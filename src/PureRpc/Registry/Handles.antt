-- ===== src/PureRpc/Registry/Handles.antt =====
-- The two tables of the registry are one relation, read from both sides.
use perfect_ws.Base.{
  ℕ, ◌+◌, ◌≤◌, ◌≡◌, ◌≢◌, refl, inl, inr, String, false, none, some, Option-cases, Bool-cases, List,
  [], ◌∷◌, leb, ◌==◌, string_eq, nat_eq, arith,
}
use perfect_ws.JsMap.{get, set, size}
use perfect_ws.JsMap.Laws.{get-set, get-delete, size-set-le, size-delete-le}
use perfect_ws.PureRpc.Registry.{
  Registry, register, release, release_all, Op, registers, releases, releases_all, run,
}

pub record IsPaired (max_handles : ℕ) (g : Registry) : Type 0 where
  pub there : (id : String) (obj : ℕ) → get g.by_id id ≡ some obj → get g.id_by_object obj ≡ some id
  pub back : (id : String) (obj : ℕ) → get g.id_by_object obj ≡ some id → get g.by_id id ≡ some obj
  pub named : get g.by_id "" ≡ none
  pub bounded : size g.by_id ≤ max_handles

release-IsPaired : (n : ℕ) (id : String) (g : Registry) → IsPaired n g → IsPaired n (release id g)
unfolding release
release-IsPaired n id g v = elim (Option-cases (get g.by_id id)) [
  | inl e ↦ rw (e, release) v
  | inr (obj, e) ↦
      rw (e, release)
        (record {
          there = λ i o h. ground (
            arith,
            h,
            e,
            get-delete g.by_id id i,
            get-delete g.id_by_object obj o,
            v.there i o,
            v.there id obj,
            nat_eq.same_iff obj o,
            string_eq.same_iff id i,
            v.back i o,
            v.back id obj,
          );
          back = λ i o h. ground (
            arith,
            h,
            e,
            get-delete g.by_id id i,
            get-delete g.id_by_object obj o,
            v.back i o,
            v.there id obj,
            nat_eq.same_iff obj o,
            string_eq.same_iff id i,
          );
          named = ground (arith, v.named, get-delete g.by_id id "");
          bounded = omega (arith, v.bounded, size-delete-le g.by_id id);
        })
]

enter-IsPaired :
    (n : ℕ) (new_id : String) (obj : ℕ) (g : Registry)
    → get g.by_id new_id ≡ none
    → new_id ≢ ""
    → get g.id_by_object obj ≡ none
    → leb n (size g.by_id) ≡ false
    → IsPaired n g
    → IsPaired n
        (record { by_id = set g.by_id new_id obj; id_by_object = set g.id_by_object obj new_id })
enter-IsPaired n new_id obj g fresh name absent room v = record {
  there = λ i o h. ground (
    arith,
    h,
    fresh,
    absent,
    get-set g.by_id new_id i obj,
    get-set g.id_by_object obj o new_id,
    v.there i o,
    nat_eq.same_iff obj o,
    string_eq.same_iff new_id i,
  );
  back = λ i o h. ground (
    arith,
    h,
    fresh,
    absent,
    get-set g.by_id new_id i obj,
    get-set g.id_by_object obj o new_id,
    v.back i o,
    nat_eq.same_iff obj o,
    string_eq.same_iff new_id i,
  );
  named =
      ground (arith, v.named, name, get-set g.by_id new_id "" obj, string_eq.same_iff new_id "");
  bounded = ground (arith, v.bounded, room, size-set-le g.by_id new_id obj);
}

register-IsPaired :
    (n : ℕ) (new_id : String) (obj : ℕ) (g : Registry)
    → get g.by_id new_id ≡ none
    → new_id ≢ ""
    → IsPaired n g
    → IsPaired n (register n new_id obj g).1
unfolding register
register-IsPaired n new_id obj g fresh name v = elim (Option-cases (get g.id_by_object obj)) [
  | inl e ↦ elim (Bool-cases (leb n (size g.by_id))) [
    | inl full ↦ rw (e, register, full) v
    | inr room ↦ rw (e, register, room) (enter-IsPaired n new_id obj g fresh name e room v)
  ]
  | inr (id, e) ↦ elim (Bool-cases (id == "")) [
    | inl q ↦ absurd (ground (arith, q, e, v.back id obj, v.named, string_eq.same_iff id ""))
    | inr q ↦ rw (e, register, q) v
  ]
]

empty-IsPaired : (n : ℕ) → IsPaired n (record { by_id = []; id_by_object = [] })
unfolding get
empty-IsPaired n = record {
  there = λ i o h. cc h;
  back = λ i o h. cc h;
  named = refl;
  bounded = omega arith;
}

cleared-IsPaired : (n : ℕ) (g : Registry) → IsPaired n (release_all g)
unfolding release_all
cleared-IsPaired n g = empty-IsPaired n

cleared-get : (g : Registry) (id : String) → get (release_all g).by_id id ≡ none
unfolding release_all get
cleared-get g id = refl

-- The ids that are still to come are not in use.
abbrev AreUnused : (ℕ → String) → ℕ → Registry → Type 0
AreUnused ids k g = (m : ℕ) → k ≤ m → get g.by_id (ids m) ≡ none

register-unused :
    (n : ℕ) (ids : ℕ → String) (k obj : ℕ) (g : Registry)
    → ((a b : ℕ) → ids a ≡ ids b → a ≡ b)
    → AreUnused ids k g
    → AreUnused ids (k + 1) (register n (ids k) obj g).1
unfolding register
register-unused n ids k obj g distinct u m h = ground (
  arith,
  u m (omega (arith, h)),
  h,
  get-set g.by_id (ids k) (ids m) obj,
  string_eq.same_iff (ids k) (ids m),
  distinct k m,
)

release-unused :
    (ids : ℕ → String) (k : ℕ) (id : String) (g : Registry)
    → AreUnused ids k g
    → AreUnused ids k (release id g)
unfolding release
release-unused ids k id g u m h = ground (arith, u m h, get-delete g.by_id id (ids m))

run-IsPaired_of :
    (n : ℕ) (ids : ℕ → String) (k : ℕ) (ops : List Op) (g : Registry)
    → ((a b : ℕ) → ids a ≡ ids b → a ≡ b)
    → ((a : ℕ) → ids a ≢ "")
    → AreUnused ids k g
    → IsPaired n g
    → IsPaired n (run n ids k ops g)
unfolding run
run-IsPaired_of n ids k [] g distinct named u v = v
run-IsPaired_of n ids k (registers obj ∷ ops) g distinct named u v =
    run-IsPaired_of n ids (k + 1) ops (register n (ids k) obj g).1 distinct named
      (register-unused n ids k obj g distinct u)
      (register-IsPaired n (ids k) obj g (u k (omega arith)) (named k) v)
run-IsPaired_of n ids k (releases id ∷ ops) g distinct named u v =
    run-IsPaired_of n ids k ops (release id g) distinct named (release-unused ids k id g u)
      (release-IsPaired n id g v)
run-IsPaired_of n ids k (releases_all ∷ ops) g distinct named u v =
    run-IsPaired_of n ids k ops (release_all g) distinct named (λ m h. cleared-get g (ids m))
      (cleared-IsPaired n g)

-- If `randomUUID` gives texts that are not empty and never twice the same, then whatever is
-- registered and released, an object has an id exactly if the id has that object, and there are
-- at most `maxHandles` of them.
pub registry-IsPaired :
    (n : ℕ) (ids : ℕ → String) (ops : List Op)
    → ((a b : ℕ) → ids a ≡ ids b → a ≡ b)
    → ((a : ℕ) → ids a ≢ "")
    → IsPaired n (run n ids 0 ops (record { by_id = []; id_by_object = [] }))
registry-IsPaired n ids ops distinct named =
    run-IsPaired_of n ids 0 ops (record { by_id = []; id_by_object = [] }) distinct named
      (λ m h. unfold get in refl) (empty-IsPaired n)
_ _ _ _
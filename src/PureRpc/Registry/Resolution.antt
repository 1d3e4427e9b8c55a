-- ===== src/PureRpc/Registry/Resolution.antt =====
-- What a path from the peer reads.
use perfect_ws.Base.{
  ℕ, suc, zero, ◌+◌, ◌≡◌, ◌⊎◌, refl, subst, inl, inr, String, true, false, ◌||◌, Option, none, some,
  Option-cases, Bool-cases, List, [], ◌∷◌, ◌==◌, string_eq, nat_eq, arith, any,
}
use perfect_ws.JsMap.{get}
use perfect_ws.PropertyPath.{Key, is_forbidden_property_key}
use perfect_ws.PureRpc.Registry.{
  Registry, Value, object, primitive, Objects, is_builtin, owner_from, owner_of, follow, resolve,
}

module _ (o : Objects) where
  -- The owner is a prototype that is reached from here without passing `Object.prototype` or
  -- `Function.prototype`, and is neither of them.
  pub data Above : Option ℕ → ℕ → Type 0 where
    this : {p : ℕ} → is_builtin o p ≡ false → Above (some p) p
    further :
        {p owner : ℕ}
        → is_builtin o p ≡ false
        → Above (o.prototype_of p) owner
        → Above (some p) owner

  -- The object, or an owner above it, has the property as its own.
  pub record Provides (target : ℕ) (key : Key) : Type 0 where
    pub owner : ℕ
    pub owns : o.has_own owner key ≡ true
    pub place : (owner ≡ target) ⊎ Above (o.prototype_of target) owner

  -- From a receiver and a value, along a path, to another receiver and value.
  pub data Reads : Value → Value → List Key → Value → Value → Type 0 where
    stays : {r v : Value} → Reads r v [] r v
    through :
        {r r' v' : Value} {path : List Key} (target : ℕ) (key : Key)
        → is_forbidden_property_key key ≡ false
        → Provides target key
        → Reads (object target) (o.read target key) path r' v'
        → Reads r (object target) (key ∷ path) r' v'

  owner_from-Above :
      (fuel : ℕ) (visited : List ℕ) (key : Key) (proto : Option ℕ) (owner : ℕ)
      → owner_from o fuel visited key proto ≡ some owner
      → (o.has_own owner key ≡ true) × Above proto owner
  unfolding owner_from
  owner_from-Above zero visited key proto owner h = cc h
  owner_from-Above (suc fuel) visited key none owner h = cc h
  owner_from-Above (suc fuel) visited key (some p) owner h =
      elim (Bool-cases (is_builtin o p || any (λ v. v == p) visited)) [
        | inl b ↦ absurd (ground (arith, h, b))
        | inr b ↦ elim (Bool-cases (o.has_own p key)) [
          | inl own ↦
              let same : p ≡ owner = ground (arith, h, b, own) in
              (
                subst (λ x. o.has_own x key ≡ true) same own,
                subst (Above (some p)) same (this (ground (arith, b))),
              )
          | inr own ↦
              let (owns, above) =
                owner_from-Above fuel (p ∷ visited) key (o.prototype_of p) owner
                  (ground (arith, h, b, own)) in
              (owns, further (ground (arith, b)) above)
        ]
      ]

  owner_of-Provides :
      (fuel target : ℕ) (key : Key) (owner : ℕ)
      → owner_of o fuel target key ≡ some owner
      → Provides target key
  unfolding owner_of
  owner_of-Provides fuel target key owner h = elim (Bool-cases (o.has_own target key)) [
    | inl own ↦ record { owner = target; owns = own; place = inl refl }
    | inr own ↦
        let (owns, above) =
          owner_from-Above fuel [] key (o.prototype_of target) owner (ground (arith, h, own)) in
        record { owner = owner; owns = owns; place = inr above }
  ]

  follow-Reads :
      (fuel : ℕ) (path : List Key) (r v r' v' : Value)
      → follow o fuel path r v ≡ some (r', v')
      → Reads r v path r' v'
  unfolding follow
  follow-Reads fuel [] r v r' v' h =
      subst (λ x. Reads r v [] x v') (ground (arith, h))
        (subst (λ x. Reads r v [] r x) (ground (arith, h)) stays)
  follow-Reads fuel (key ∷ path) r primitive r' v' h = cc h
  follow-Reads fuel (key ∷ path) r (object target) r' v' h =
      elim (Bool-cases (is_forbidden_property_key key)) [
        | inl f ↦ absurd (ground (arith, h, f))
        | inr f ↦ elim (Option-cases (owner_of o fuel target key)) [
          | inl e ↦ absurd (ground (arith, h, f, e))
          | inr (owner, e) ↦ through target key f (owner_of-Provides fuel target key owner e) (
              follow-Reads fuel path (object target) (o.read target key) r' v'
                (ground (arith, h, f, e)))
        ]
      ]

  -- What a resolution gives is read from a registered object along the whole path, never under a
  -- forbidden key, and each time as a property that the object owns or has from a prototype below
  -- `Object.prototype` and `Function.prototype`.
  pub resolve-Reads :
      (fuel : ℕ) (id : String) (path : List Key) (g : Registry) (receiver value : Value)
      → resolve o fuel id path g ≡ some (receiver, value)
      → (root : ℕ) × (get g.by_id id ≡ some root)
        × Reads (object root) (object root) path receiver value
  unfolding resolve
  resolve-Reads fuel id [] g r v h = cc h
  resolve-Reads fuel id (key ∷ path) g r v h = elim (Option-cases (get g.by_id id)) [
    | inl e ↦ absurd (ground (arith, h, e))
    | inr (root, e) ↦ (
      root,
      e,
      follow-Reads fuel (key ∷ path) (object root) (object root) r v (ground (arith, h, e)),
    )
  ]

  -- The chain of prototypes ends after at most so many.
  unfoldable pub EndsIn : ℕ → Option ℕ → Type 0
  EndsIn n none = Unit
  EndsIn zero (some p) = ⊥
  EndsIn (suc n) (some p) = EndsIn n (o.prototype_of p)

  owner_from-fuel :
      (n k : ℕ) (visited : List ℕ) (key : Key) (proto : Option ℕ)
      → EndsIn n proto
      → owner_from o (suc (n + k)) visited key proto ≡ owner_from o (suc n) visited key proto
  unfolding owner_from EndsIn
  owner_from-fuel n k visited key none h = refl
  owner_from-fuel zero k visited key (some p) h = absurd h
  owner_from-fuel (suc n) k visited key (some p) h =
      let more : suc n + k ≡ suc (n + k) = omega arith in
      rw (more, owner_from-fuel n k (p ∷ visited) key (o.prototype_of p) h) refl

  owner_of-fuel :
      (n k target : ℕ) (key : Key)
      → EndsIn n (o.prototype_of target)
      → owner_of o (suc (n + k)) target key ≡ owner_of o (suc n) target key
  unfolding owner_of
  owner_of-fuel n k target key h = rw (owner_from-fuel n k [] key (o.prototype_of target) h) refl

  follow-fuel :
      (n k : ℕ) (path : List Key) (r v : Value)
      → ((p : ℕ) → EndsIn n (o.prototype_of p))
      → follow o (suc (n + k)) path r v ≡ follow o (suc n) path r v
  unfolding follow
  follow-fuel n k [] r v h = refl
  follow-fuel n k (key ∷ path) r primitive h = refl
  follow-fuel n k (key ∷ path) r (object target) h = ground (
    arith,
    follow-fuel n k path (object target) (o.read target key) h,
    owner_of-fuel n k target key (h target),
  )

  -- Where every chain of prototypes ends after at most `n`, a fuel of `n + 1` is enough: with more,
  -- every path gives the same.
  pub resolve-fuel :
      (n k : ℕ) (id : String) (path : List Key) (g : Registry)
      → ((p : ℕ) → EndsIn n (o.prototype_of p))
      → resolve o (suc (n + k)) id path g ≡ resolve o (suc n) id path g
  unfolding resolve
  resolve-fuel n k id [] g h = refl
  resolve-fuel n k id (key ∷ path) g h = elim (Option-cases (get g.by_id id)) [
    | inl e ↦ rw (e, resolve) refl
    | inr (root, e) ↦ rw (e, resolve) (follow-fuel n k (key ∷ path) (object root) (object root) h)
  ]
_ _ _ _
Could you filter the material above and copy each line that holds the word "filename"?

Expected answer
filename src/PureRpc/Registry/Handles.antt
filename src/PureRpc/Registry/Resolution.antt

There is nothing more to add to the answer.